--- Provided records ---

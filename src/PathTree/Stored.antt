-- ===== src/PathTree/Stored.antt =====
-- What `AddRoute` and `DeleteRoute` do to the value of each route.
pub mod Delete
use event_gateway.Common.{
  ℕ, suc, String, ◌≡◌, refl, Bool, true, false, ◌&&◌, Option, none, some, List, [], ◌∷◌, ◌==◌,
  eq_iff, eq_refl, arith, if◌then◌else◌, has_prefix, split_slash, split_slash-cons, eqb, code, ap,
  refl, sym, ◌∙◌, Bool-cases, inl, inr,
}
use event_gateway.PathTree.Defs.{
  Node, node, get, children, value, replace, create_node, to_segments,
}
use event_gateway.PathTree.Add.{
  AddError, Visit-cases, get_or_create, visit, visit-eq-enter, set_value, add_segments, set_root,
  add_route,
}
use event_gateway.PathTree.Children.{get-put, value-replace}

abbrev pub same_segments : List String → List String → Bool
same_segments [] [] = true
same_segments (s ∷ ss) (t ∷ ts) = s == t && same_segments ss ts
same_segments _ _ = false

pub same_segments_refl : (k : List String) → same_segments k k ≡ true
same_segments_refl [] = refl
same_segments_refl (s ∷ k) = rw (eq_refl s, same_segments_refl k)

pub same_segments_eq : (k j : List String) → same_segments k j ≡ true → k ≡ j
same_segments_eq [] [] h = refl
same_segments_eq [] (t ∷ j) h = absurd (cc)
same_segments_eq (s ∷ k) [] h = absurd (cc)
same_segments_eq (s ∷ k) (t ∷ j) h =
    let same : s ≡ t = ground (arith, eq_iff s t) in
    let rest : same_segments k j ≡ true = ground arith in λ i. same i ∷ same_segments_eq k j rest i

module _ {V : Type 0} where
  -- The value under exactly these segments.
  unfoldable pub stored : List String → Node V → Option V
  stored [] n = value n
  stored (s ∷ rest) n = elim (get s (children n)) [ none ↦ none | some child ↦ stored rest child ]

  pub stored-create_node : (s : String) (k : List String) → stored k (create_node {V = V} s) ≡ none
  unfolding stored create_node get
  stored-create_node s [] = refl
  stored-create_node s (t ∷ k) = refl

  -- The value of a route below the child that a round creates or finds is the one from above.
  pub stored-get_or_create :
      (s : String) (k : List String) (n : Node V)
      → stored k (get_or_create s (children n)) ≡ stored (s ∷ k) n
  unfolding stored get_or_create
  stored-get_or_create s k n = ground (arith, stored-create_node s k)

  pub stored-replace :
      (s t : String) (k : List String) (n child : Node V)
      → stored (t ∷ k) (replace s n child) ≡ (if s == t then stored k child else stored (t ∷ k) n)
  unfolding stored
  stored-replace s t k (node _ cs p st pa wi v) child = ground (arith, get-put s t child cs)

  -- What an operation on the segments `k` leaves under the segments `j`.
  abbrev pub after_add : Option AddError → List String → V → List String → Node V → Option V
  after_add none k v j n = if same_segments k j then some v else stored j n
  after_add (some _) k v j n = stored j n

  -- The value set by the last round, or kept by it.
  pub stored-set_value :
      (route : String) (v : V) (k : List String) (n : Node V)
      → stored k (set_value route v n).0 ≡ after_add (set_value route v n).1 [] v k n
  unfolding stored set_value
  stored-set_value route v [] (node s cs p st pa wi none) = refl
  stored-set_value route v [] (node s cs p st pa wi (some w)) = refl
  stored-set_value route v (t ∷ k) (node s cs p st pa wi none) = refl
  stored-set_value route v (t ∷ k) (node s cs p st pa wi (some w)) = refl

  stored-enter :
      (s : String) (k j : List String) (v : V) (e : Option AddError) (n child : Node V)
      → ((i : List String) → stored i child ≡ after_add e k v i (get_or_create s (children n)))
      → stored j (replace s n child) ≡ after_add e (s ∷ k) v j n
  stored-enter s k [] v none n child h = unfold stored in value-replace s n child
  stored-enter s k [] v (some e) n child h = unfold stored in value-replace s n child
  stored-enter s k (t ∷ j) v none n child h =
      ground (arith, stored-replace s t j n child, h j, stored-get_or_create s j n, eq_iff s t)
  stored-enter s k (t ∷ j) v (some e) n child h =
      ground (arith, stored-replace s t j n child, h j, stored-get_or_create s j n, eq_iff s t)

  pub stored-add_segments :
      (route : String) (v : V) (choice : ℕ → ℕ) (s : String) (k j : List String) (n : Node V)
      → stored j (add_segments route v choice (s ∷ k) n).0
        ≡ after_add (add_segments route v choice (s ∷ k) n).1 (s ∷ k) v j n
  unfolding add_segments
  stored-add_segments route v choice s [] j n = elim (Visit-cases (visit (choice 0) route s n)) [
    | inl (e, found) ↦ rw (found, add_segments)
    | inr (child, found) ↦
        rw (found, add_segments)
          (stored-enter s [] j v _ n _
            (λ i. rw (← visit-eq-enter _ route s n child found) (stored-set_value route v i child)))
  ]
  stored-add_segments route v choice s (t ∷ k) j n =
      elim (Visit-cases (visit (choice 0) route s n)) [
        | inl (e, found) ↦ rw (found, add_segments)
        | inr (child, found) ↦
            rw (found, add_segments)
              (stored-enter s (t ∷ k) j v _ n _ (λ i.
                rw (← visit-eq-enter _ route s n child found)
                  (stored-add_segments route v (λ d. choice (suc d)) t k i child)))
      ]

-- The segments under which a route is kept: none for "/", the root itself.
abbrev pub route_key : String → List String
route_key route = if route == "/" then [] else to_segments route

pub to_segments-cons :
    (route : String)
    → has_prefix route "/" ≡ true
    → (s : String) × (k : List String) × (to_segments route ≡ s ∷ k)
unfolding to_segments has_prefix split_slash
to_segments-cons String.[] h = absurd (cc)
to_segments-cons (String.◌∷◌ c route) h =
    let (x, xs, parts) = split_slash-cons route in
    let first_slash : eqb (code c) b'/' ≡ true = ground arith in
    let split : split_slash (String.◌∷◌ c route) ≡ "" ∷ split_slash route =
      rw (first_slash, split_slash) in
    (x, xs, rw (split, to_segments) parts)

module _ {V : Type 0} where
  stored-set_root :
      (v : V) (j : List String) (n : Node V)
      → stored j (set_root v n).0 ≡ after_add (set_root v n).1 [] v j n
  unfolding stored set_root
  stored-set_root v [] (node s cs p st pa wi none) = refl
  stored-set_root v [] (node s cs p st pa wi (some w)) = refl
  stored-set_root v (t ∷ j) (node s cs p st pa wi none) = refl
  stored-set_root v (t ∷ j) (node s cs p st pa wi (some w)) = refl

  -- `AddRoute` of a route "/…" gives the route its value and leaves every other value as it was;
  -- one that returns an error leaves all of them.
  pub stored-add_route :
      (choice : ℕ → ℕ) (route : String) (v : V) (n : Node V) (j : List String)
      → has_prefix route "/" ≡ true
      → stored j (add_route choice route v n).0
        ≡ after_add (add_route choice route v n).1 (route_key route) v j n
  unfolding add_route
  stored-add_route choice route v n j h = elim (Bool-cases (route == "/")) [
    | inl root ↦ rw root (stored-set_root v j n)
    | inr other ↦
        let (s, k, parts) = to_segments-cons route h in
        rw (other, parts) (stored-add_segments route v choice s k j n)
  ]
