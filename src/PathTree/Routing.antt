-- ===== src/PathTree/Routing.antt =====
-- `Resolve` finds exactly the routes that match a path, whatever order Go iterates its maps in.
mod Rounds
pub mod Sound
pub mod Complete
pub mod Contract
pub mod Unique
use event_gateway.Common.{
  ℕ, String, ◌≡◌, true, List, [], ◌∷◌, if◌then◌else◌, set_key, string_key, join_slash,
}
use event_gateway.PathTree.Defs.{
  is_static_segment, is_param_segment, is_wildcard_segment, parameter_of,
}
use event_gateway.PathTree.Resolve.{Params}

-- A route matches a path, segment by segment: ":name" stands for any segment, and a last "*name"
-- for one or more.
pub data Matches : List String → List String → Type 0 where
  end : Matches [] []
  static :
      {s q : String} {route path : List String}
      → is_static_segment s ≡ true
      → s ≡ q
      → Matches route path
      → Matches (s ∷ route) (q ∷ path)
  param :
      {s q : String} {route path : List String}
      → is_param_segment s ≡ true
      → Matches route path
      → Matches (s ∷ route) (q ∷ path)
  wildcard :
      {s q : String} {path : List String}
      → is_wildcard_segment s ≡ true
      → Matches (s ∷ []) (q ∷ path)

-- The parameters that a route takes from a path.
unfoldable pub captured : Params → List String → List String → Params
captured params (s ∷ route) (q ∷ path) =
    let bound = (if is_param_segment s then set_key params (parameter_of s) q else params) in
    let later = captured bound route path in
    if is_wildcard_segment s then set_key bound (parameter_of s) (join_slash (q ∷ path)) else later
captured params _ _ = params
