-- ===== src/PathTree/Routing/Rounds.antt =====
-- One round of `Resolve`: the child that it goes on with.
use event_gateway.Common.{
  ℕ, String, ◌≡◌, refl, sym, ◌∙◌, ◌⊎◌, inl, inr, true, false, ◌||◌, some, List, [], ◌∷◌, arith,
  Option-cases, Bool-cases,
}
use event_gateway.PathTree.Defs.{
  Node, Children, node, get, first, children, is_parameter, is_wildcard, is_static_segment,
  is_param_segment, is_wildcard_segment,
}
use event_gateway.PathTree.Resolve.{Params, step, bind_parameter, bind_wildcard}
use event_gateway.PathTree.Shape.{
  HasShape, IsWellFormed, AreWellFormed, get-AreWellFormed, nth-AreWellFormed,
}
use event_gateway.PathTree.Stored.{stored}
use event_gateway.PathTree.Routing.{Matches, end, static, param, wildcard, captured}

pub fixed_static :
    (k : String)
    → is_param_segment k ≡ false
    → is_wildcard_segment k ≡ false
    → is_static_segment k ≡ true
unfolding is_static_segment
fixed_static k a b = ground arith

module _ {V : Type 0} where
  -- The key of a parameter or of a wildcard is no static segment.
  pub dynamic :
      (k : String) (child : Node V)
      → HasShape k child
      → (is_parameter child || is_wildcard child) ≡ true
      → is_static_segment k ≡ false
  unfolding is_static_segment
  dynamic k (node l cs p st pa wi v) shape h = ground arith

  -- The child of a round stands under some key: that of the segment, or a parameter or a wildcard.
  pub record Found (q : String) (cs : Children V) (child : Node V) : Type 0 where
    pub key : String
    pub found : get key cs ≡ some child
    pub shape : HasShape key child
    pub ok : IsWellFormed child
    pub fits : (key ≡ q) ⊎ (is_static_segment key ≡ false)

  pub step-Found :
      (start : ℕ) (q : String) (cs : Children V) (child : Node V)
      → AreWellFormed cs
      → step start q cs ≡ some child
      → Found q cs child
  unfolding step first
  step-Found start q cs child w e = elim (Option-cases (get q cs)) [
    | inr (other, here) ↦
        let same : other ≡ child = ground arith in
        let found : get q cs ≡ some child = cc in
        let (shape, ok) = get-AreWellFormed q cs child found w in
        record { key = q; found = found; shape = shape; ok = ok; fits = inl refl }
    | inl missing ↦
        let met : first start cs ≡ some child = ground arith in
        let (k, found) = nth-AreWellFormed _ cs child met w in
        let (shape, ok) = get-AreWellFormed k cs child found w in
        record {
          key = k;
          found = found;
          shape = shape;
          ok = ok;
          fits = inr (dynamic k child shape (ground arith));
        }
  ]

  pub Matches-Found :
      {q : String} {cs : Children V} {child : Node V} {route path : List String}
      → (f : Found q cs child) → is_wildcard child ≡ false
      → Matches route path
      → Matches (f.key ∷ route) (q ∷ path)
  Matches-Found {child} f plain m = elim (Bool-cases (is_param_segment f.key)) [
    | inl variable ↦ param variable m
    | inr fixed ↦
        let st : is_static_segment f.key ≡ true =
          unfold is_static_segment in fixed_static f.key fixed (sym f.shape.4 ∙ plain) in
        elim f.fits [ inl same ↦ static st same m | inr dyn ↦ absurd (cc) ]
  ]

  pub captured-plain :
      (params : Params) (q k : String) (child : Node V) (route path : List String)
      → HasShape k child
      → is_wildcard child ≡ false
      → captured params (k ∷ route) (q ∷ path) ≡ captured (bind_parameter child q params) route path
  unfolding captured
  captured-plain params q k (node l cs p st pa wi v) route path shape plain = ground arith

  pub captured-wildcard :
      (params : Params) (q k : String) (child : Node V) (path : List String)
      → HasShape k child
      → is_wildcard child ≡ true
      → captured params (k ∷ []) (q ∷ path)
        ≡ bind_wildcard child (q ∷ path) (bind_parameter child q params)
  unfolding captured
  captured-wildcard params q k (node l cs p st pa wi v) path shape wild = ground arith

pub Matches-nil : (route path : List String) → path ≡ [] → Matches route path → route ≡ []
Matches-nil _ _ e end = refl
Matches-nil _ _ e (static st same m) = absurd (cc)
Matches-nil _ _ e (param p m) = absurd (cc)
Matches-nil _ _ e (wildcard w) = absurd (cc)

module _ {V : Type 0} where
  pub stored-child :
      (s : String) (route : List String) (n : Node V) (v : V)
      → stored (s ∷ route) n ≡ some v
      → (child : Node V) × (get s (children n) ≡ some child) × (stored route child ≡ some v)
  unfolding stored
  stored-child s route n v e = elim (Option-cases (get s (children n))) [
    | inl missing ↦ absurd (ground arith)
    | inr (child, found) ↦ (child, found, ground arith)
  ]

---

**Activity:** Of the lines above, extract only those from the line with "stored-add_segments route v choice s []" to the line with "let (x, xs, parts)", both included, exactly as written.

**Exercise response:**
  stored-add_segments route v choice s [] j n = elim (Visit-cases (visit (choice 0) route s n)) [
    | inl (e, found) ↦ rw (found, add_segments)
    | inr (child, found) ↦
        rw (found, add_segments)
          (stored-enter s [] j v _ n _
            (λ i. rw (← visit-eq-enter _ route s n child found) (stored-set_value route v i child)))
  ]
  stored-add_segments route v choice s (t ∷ k) j n =
      elim (Visit-cases (visit (choice 0) route s n)) [
        | inl (e, found) ↦ rw (found, add_segments)
        | inr (child, found) ↦
            rw (found, add_segments)
              (stored-enter s (t ∷ k) j v _ n _ (λ i.
                rw (← visit-eq-enter _ route s n child found)
                  (stored-add_segments route v (λ d. choice (suc d)) t k i child)))
      ]

-- The segments under which a route is kept: none for "/", the root itself.
abbrev pub route_key : String → List String
route_key route = if route == "/" then [] else to_segments route

pub to_segments-cons :
    (route : String)
    → has_prefix route "/" ≡ true
    → (s : String) × (k : List String) × (to_segments route ≡ s ∷ k)
unfolding to_segments has_prefix split_slash
to_segments-cons String.[] h = absurd (cc)
to_segments-cons (String.◌∷◌ c route) h =
    let (x, xs, parts) = split_slash-cons route in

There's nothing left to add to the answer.